Records from a collection:
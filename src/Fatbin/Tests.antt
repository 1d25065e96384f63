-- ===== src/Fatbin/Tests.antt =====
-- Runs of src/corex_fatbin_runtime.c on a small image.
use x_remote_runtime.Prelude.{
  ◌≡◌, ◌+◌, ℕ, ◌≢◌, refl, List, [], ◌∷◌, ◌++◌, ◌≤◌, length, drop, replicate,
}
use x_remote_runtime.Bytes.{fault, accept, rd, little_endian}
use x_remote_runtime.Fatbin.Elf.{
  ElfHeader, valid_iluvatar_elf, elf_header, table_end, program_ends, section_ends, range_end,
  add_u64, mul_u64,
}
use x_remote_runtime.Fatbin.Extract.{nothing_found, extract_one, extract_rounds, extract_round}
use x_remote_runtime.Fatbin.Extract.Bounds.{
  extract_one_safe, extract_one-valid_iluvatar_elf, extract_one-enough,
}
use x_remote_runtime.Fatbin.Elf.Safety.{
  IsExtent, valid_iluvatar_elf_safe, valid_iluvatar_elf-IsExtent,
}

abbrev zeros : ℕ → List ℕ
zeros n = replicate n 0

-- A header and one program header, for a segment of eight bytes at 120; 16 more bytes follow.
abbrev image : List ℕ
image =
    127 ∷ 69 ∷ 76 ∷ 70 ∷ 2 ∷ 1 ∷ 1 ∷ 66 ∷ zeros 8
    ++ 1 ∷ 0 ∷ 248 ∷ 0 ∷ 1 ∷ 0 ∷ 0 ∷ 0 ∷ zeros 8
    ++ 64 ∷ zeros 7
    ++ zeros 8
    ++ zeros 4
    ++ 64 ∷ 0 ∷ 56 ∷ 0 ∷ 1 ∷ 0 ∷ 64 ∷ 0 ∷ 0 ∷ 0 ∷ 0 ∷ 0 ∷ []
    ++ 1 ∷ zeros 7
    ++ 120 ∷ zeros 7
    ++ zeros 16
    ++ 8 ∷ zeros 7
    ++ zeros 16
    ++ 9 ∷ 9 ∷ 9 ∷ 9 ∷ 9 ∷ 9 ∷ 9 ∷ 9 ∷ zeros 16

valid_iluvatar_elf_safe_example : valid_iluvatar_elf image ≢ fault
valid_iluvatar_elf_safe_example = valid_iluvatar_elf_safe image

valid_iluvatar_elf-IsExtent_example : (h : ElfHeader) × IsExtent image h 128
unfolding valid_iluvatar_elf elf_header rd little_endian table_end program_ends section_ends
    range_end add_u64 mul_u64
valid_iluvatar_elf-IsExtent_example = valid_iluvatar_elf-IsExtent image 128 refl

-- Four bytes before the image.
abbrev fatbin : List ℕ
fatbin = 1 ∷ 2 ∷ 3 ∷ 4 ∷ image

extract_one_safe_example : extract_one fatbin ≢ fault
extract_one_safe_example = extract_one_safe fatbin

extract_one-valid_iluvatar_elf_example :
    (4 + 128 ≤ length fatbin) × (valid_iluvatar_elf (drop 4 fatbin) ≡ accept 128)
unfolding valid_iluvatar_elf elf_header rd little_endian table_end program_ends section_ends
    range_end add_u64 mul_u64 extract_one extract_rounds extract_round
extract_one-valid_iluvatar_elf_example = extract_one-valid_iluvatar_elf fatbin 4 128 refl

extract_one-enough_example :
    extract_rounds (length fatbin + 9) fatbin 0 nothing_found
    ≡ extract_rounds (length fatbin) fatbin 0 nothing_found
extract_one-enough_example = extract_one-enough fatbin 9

--

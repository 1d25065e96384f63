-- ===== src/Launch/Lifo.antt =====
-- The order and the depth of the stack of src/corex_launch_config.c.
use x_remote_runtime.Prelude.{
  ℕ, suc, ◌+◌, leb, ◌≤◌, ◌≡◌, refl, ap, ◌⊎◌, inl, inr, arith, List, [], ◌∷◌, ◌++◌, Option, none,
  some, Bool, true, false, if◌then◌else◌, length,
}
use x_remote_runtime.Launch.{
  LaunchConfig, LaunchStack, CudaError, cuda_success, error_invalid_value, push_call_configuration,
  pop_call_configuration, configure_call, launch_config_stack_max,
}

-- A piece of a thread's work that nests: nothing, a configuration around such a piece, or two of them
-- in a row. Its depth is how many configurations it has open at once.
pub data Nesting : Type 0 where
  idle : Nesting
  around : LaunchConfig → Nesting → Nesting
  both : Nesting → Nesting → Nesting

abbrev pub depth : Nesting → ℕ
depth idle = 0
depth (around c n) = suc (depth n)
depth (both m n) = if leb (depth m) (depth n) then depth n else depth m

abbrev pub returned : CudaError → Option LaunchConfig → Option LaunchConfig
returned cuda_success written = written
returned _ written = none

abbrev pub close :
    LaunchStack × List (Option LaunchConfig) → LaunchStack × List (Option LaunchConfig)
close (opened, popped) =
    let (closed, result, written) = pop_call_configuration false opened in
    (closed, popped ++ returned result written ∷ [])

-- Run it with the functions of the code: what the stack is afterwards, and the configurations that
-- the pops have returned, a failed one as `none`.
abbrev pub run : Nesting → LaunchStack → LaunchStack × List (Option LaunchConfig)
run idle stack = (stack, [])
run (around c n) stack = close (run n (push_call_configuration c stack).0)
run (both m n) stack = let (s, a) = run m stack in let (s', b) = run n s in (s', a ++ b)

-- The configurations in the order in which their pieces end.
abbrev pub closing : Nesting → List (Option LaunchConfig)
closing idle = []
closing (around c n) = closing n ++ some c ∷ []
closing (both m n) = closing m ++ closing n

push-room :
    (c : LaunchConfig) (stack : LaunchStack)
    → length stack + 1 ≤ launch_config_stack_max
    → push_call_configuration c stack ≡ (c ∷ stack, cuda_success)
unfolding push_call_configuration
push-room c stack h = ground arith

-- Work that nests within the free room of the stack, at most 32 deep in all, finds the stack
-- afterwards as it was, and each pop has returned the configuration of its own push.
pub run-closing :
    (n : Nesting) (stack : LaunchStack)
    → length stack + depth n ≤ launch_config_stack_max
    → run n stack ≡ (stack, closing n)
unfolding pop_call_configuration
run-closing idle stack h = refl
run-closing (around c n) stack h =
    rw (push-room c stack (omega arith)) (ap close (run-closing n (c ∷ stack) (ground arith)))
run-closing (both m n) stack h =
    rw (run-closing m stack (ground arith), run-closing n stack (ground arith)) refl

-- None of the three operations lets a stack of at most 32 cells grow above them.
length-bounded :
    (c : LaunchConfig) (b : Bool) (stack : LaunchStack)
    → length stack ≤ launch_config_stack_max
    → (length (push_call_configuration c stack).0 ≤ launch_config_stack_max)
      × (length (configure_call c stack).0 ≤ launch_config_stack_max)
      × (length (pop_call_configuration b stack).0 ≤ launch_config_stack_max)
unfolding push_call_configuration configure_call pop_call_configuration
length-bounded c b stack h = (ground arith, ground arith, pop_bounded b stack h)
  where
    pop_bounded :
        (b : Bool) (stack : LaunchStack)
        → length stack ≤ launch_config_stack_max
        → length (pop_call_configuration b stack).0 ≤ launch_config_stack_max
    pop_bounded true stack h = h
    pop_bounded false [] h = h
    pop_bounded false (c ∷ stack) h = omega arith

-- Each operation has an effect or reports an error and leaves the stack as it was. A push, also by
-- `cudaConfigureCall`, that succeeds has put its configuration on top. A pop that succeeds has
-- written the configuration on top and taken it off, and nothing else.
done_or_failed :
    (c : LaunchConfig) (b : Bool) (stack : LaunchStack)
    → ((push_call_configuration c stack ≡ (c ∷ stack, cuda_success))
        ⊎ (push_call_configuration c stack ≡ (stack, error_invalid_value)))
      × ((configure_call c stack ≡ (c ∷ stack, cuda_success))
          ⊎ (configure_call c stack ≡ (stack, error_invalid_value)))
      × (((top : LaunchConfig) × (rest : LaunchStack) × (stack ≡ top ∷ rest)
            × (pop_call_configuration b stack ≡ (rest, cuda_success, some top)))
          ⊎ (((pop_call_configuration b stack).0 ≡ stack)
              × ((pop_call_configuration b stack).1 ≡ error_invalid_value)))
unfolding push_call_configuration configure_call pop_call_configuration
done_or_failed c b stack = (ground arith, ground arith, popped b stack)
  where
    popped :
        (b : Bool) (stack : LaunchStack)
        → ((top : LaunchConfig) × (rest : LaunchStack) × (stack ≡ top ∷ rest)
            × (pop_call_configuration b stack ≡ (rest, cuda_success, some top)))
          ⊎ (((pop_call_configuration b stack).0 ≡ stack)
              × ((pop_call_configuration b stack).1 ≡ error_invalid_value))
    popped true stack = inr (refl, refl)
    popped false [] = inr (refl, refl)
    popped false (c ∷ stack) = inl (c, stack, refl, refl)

---

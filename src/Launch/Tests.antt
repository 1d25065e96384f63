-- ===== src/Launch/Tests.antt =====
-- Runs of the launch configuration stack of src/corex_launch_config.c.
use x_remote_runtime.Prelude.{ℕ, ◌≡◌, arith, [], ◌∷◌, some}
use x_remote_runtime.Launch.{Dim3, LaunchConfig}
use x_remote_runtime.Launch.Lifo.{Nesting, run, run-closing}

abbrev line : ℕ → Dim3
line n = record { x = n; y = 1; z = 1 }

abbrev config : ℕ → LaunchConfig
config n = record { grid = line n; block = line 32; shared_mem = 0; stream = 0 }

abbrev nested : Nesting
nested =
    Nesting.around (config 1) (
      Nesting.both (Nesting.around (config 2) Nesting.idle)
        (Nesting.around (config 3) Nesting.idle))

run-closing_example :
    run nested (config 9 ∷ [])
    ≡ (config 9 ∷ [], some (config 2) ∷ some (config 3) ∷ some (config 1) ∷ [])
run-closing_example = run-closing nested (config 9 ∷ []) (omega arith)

_Exercise details_. Find the string "opened" in the entries above and return each line that holds it.

_Solved problem_.
close (opened, popped) =
    let (closed, result, written) = pop_call_configuration false opened in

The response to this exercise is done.